# Build your own Parallel Limb bow press for $154.00



## f4irocket (Oct 20, 2010)

Great job I like the fingers shows that they are more than one way to skin a cat.


----------



## dat201 (Sep 11, 2007)

Thanks for sharing. I just found my winter project.


----------



## Liviu (Oct 20, 2009)

f4irocket said:


> Great job I like the fingers shows that they are more than one way to skin a cat.


And I like the Vises inclusion for different widths of limbs.
Gives one :idea1:


----------



## skynight (Nov 5, 2003)

I like it. Can you shim the trailer jack legs so they don't droop? I looked over a EZ press the other day and realized they mount the fixed fingers down a little to line up horizontally with the ones on the moving leg.


----------



## bama bow nut (Apr 13, 2008)

nice looks good


----------



## Archer Dude (Mar 16, 2008)

*The jack leg doesn't droop as much as it appears in my photo. My close shot with wide angle lense causes a visual bending effect.

In use, I never notice the droop and I have seen no complications from the droop.

I placed the arms and fingers above rather than to the side to compensate for any droop. Flexing from the side would cause uneven side torque on the bow but slight variation in the vertical angle has no impact on useability.
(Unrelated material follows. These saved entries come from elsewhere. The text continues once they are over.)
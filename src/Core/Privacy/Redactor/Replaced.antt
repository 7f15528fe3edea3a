-- ===== src/Core/Privacy/Redactor/Replaced.antt =====
-- What a redactor makes of a text: each match is replaced by the marker of its rule and the rest
-- stays.
use zanei.Prelude.{
  ℕ, sym, take-append-drop, ◌+◌, ◌-◌, ◌≡◌, refl, ap, ◌∙◌, List, [], ◌∷◌, ◌++◌, Text, map, length,
  take, drop, arith,
}
use zanei.Core.Config.{RedactorKind}
use zanei.Core.TextDelta.Cuts.{drop-drop}
use zanei.Core.Privacy.Redactor.{rule_marker, redact_text}
use zanei.Core.Privacy.Redactor.Patterns.{Range}
use zanei.Core.Privacy.Redactor.Tokens.{ranges, replace_from, replace_ranges}
use zanei.Core.Privacy.Redactor.Bounds.{Ordered}
use zanei.Core.Privacy.Redactor.Merged.{ranges-Ordered}

-- The texts of `kept` with those of `between` put between them.
pub weave : List Text → List Text → Text
weave [] between = []
weave (k ∷ kept) [] = k
weave (k ∷ kept) (m ∷ between) = k ++ (m ++ weave kept between)

-- The part of a text from one place to another.
abbrev pub slice : Text → ℕ → ℕ → Text
slice value start end = take (end - start) (drop start value)

-- What the ranges hold of the text, and what they leave of it from a place on.
abbrev pub matches : Text → List Range → List Text
matches value rs = map (λ r. slice value r.0 r.1) rs

abbrev pub gaps : Text → ℕ → List Range → List Text
gaps value from [] = drop from value ∷ []
gaps value from ((start, end) ∷ rs) = slice value from start ∷ gaps value end rs

-- What follows a place falls into the two, in turn.
drop-weave :
    (value : Text) (n from : ℕ) (rs : List Range)
    → Ordered from n rs
    → drop from value ≡ weave (gaps value from rs) (matches value rs)
unfolding weave
drop-weave value n from [] o = refl
drop-weave value n from ((start, end) ∷ rs) o =
    let e : from + (start - from) ≡ start = omega (arith, o.0) in
    let k : start + (end - start) ≡ end = omega (arith, o.1) in
    sym (take-append-drop (start - from) (drop from value))
    ∙ ap (◌++◌ (slice value from start)) (
        drop-drop from (start - from) value
        ∙ ap (λ i. drop i value) e
        ∙ sym (take-append-drop (end - start) (drop start value))
        ∙ ap (◌++◌ (slice value start end)) (
            drop-drop start (end - start) value
            ∙ ap (λ i. drop i value) k
            ∙ drop-weave value n end rs o.2))

replace_from-weave :
    (value : Text) (n from : ℕ) (rs : List Range) (marker : Text)
    → Ordered from n rs
    → replace_from from (drop from value) rs marker
      ≡ weave (gaps value from rs) (map (λ r. marker) rs)
unfolding replace_from weave
replace_from-weave value n from [] marker o = refl
replace_from-weave value n from ((start, end) ∷ rs) marker o =
    let k : from + (end - from) ≡ end = omega (arith, o.0, o.1) in
    ap (λ (t : Text). slice value from start ++ (marker ++ t))
      (ap (λ t. replace_from end t rs marker)
          (drop-drop from (end - from) value ∙ ap (λ i. drop i value) k)
        ∙ replace_from-weave value n end rs marker o.2)

-- The ranges of the rule cut a text into what they hold and, in turn with it, what they leave. Its
-- redacted form is what they leave, unchanged, with the marker of the rule in the place of each
-- range.
pub redact_text-weave :
    (value : Text) (rule : RedactorKind)
    → (value ≡ weave (gaps value 0 (ranges value rule)) (matches value (ranges value rule)))
      × (redact_text value rule
          ≡ weave
              (gaps value 0 (ranges value rule))
              (map (λ r. rule_marker rule) (ranges value rule)))
unfolding redact_text replace_ranges
redact_text-weave value rule =
    let rs = ranges value rule in
    let o = ranges-Ordered value rule in
    (
      drop-weave value (length value) 0 rs o,
      replace_from-weave value (length value) 0 rs (rule_marker rule) o,
    )
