-- ===== src/Core/Privacy/Routes/Encoding.antt =====
-- Percent-encoding does not hide a word from capture_policy.rs.
use zanei.Prelude.{
  ℕ, zero, suc, ◌+◌, ◌-◌, ◌/◌, ◌%◌, ◌<◌, ◌≡◌, ◌≢◌, refl, ap, sym, ◌∙◌, Bool, true, false, ◌&&◌, not,
  none, some, List, [], ◌∷◌, Text, map, ascii_lower, ltb, ◌==◌, if◌then◌else◌, arith, All,
}
use zanei.Core.Privacy.Routes.{
  decode, decoded, is_unreserved, normalized_segment, without_extension,
}

-- The digit of a number below 16, in the one case of letters or the other.
abbrev hex_char : Bool → ℕ → ℕ
hex_char upper n = if ltb n 10 then n + b'0' else if upper then n - 10 + b'A' else n - 10 + b'a'

abbrev encoded_ok : Bool → Bool → ℕ → Bool
encoded_ok high low c = elim (decoded b'%' (hex_char high (c / 16)) (hex_char low (c % 16))) [
  | none ↦ not (is_unreserved c)
  | some v ↦ v == c && is_unreserved c
]

-- A test of every character under a bound.
table_holds : (ℕ → Bool) → ℕ → Bool
table_holds test zero = true
table_holds test (suc top) = table_holds test top && test top

table_holds-at :
    (test : ℕ → Bool) (top c : ℕ) → c < top → table_holds test top ≡ true → test c ≡ true
unfolding table_holds
table_holds-at test (suc top) c lt holds = ground (arith, table_holds-at test top c)
table_holds-at test zero c lt holds = absurd (omega arith)

encoded_table : (high low : Bool) → table_holds (encoded_ok high low) 128 ≡ true
unfolding table_holds decoded
encoded_table true true = refl
encoded_table true false = refl
encoded_table false true = refl
encoded_table false false = refl

decoded-encoded :
    (high low : Bool) (c : ℕ)
    → c < 128
    → is_unreserved c ≡ true
    → decoded b'%' (hex_char high (c / 16)) (hex_char low (c % 16)) ≡ some c
decoded-encoded high low c h u =
    check (table_holds-at (encoded_ok high low) 128 c h (encoded_table high low))
  where
    check :
        encoded_ok high low c ≡ true
        → decoded b'%' (hex_char high (c / 16)) (hex_char low (c % 16)) ≡ some c
    check ok = ground arith

decoded-ne : (c d e : ℕ) → c ≢ b'%' → decoded c d e ≡ none
unfolding decoded
decoded-ne c d e h = ground arith

decode-plain : (c : ℕ) (rest : Text) → c ≢ b'%' → decode (c ∷ rest) ≡ ascii_lower c ∷ decode rest
unfolding decode
decode-plain c [] h = refl
decode-plain c (d ∷ []) h = refl
decode-plain c (d ∷ e ∷ rest) h = rw (decoded-ne c d e h, decode)

-- A character as it is, or percent-encoded with its two digits in the upper case or the lower one.
pub data Spelling : Type 0 where
  as_is : Spelling
  encoded : Bool → Bool → Spelling

abbrev pub spell : List (ℕ × Spelling) → Text
spell [] = []
spell ((c, encoded high low) ∷ rest) =
    b'%' ∷ hex_char high (c / 16) ∷ hex_char low (c % 16) ∷ spell rest
spell ((c, as_is) ∷ rest) = c ∷ spell rest

abbrev pub Unreserved : ℕ × Spelling → Type 0
Unreserved c = (c.0 < 128) × (is_unreserved c.0 ≡ true)

-- The spelled characters, in lower case.
abbrev pub lower_case : List (ℕ × Spelling) → Text
lower_case = map (λ c. ascii_lower c.0)

unreserved_ne : (c : ℕ) → is_unreserved c ≡ true → c ≢ b'%'
unreserved_ne c h e = ground arith

decode-encoded :
    (high low : Bool) (c : ℕ) (rest : Text)
    → c < 128
    → is_unreserved c ≡ true
    → decode (b'%' ∷ hex_char high (c / 16) ∷ hex_char low (c % 16) ∷ rest)
      ≡ ascii_lower c ∷ decode rest
unfolding decode
decode-encoded high low c rest h u = rw (decoded-encoded high low c h u, decode)

decode-spell : (cs : List (ℕ × Spelling)) → All Unreserved cs → decode (spell cs) ≡ lower_case cs
decode-spell [] h = unfold decode in refl
decode-spell ((c, encoded high low) ∷ cs) h =
    decode-encoded high low c (spell cs) h.0.0 h.0.1
    ∙ ap (λ (t : Text). ascii_lower c ∷ t) (decode-spell cs h.1)
decode-spell ((c, as_is) ∷ cs) h =
    decode-plain c (spell cs) (unreserved_ne c h.0.1)
    ∙ ap (λ (t : Text). ascii_lower c ∷ t) (decode-spell cs h.1)

-- Two spellings of the same unreserved ASCII characters up to upper and lower case, each of them as
-- it is or percent-encoded with hexadecimal digits of any case, are the same segment.
pub normalized_segment-spell :
    (cs ds : List (ℕ × Spelling))
    → All Unreserved cs
    → All Unreserved ds
    → lower_case cs ≡ lower_case ds
    → normalized_segment (spell cs) ≡ normalized_segment (spell ds)
unfolding normalized_segment
normalized_segment-spell cs ds hc hd e =
    ap without_extension (decode-spell cs hc ∙ e ∙ sym (decode-spell ds hd))
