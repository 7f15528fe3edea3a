-- ===== src/Core/TextDelta.antt =====
-- crates/zanei-core/src/text_delta.rs: the changed region of a text field.
-- A text is the list of its characters, so a slice of it is a list of consecutive characters.
pub mod Clusters
pub mod Cuts
pub mod Ends
pub mod Region
use mathlib.Core.List.{flatten}
use zanei.Prelude.{
  ℕ, ◌-◌, min, Bool, true, false, not, ◌&&◌, ◌||◌, Option, none, some, List, [], ◌∷◌, ◌++◌, reverse,
  Text, text_eq, leb, ◌==◌, if◌then◌else◌, length, take, drop, is_empty,
}

abbrev pub zero_width_joiner : ℕ
zero_width_joiner = 0x200d

abbrev in_range : ℕ → ℕ → ℕ → Bool
in_range lo hi c = leb lo c && leb c hi

unfoldable pub is_cluster_extension : ℕ → Bool
is_cluster_extension c =
    in_range 0x0300 0x036f c
    || in_range 0x1ab0 0x1aff c
    || in_range 0x1dc0 0x1dff c
    || in_range 0x20d0 0x20ff c
    || in_range 0xfe00 0xfe0f c
    || in_range 0xfe20 0xfe2f c
    || in_range 0x1f3fb 0x1f3ff c
    || in_range 0xe0100 0xe01ef c

-- Whether a cluster begins at the character.
unfoldable pub starts_cluster : ℕ → Bool → Bool
unfolding is_cluster_extension
starts_cluster character previous_was_joiner =
    not (is_cluster_extension character)
    && not (character == zero_width_joiner)
    && not previous_was_joiner

-- The loop over the characters after the first; `cluster` is what stands since `cluster_start`.
unfoldable pub cluster_loop : Text → Bool → Text → List Text
unfolding starts_cluster
cluster_loop cluster previous_was_joiner [] = cluster ∷ []
cluster_loop cluster previous_was_joiner (character ∷ rest) =
    elim (starts_cluster character previous_was_joiner) [
      | true ↦ cluster ∷ cluster_loop (character ∷ []) (character == zero_width_joiner) rest
      | false ↦ cluster_loop (cluster ++ character ∷ []) (character == zero_width_joiner) rest
    ]

unfoldable pub grapheme_clusters : Text → List Text
unfolding cluster_loop
grapheme_clusters [] = []
grapheme_clusters (first ∷ rest) = cluster_loop (first ∷ []) (first == zero_width_joiner) rest

-- `zip`, `take(n)` and `take_while` of the iterators, and `count`.
abbrev pub zip : List Text → List Text → List (Text × Text)
zip [] ys = []
zip (x ∷ xs) [] = []
zip (x ∷ xs) (y ∷ ys) = (x, y) ∷ zip xs ys

unfoldable pub take_while_equal : List (Text × Text) → List (Text × Text)
take_while_equal [] = []
take_while_equal ((x, y) ∷ rest) = if text_eq x y then (x, y) ∷ take_while_equal rest else []

unfoldable pub common_prefix_len : List Text → List Text → ℕ
unfolding take_while_equal
common_prefix_len baseline current = length (take_while_equal (zip baseline current))

unfoldable pub common_suffix_len : ℕ → List Text → List Text → ℕ
unfolding take_while_equal
common_suffix_len max_suffix_len baseline current =
    length (take_while_equal (take max_suffix_len (zip (reverse baseline) (reverse current))))

-- The comparison of the two lists of clusters.
unfoldable pub cluster_delta : List Text → List Text → Option Text
unfolding common_prefix_len common_suffix_len
cluster_delta baseline current =
    let prefix = common_prefix_len baseline current in
    let max_suffix_len = min (length baseline) (length current) - prefix in
    let suffix = common_suffix_len max_suffix_len baseline current in
    let baseline_changed_len = length baseline - prefix - suffix in
    let current_changed_len = length current - prefix - suffix in
    if leb current_changed_len baseline_changed_len
    then none
    else some (flatten (take (length current - suffix - prefix) (drop prefix current)))

unfoldable pub text_delta : Text → Text → Option Text
unfolding grapheme_clusters cluster_delta
text_delta [] current = if not (is_empty current) then some current else none
text_delta baseline current = cluster_delta (grapheme_clusters baseline) (grapheme_clusters current)
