-- ===== src/Core/TextDelta/Clusters.antt =====
-- The division of a text into grapheme clusters.
use mathlib.Core.List.{flatten, append_assoc, append-nil}
use zanei.Prelude.{
  ℕ, ◌≡◌, refl, sym, ap, ◌∙◌, inl, inr, Bool, false, [], ◌∷◌, ◌++◌, Text, ◌==◌, All, Bool-cases,
}
use zanei.Core.TextDelta.{cluster_loop, grapheme_clusters, starts_cluster, zero_width_joiner}

flatten-cluster_loop :
    (cluster : Text) (joined : Bool) (rest : Text)
    → flatten (cluster_loop cluster joined rest) ≡ cluster ++ rest
unfolding cluster_loop flatten
flatten-cluster_loop cluster joined [] = rw append-nil
flatten-cluster_loop cluster joined (c ∷ rest) = elim (Bool-cases (starts_cluster c joined)) [
  | inl new ↦
      rw (new, cluster_loop)
        (ap (◌++◌ cluster) (flatten-cluster_loop (c ∷ []) (c == zero_width_joiner) rest))
  | inr old ↦
      rw (old, cluster_loop)
        (flatten-cluster_loop (cluster ++ c ∷ []) (c == zero_width_joiner) rest
          ∙ append_assoc cluster (c ∷ []) rest)
]

-- The clusters of a text, put together, are the text.
pub flatten-grapheme_clusters : (v : Text) → flatten (grapheme_clusters v) ≡ v
unfolding grapheme_clusters flatten
flatten-grapheme_clusters [] = refl
flatten-grapheme_clusters (c ∷ rest) = flatten-cluster_loop (c ∷ []) (c == zero_width_joiner) rest

-- No character of the text begins a cluster, after a joiner or not.
abbrev Joins : Bool → Text → Type 0
Joins joined [] = Unit
Joins joined (c ∷ rest) = (starts_cluster c joined ≡ false) × Joins (c == zero_width_joiner) rest

abbrev last_joined : Bool → Text → Bool
last_joined joined [] = joined
last_joined joined (c ∷ rest) = last_joined (c == zero_width_joiner) rest

Joins-snoc :
    (joined : Bool) (t : Text) (c : ℕ)
    → Joins joined t
    → starts_cluster c (last_joined joined t) ≡ false
    → Joins joined (t ++ c ∷ [])
Joins-snoc joined [] c h e = (e, tt)
Joins-snoc joined (d ∷ t) c h e = (h.0, Joins-snoc (d == zero_width_joiner) t c h.1 e)

last_joined-snoc :
    (joined : Bool) (t : Text) (c : ℕ) → last_joined joined (t ++ c ∷ []) ≡ (c == zero_width_joiner)
last_joined-snoc joined [] c = refl
last_joined-snoc joined (d ∷ t) c = last_joined-snoc (d == zero_width_joiner) t c

-- A cluster is not empty, and no character of it after the first begins a cluster.
abbrev pub IsCluster : Text → Type 0
IsCluster [] = ⊥
IsCluster (first ∷ rest) = Joins (first == zero_width_joiner) rest

cluster_loop-IsCluster :
    (first : ℕ) (rest : Text) (last : Bool) (t : Text)
    → last ≡ last_joined (first == zero_width_joiner) rest
    → IsCluster (first ∷ rest)
    → All IsCluster (cluster_loop (first ∷ rest) last t)
unfolding cluster_loop
cluster_loop-IsCluster first rest last [] e h = (h, tt)
cluster_loop-IsCluster first rest last (c ∷ t) e h = elim (Bool-cases (starts_cluster c last)) [
  | inl new ↦
      rw (new, cluster_loop) (h, cluster_loop-IsCluster c [] (c == zero_width_joiner) t refl tt)
  | inr old ↦
      rw (old, cluster_loop)
        (cluster_loop-IsCluster first (rest ++ c ∷ []) (c == zero_width_joiner) t
          (sym (last_joined-snoc (first == zero_width_joiner) rest c))
          (Joins-snoc (first == zero_width_joiner) rest c h (rw (← e) old)))
]

-- Every cluster of a text is a cluster: not empty, and with no character after its first that
-- begins one.
pub grapheme_clusters-IsCluster : (v : Text) → All IsCluster (grapheme_clusters v)
unfolding grapheme_clusters
grapheme_clusters-IsCluster [] = tt
grapheme_clusters-IsCluster (c ∷ rest) =
    cluster_loop-IsCluster c [] (c == zero_width_joiner) rest refl tt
With the EZ-Press having the fingers to the side, you can leave your accessories on but I don't like the idea of the side torque. My press does require the removal of a long stabilizer or long sight frame before pressing however. 

Best wishes.*


----------



## 92safari (Jun 20, 2008)

Pretty slick fingers. I did my fingers with the same concept but a little different fashion. Spring loaded, screw adjusted and independant offset adjustments. One set is for inlines and the other for upgrading swing armed presses.


----------



## Archer Dude (Mar 16, 2008)

Yes 92safari, I have seen your press and fingers posted for sale all over the place.

Somehow, the shape of your fingers just has never made any sense to me so I had mine cut as shown on my press.

Best wishes.


----------



## 92safari (Jun 20, 2008)

Yes they are different but that because I don't build mine with 90 degree arms like most. Mine are built all in one straight line so fingers can be easily removed or, changed and the press can also be used as a platform for draw board/shooting machine or anything else you might want to try. Also allows it to be easily transported in a bow case or stashed behind your truck seat.


----------



## redbone311 (Sep 6, 2010)

Archer Dude said:


> Yes 92safari, I have seen your press and fingers posted for sale all over the place.
> 
> Somehow, the shape of your fingers just has never made any sense to me so I had mine cut as shown on my press.
> 
> Best wishes.


That seems to be all 92safari does on here! 
All his posts (page after page after page of posts) are only about him selling his press or his fingers to people on here. He should be charged as a vendor.


----------



## 92safari (Jun 20, 2008)

*Boner*



redbone311 said:


> That seems to be all 92safari does on here!
> All his posts (page after page after page of posts) are only about him selling his press or his fingers to people on here. He should be charged as a vendor.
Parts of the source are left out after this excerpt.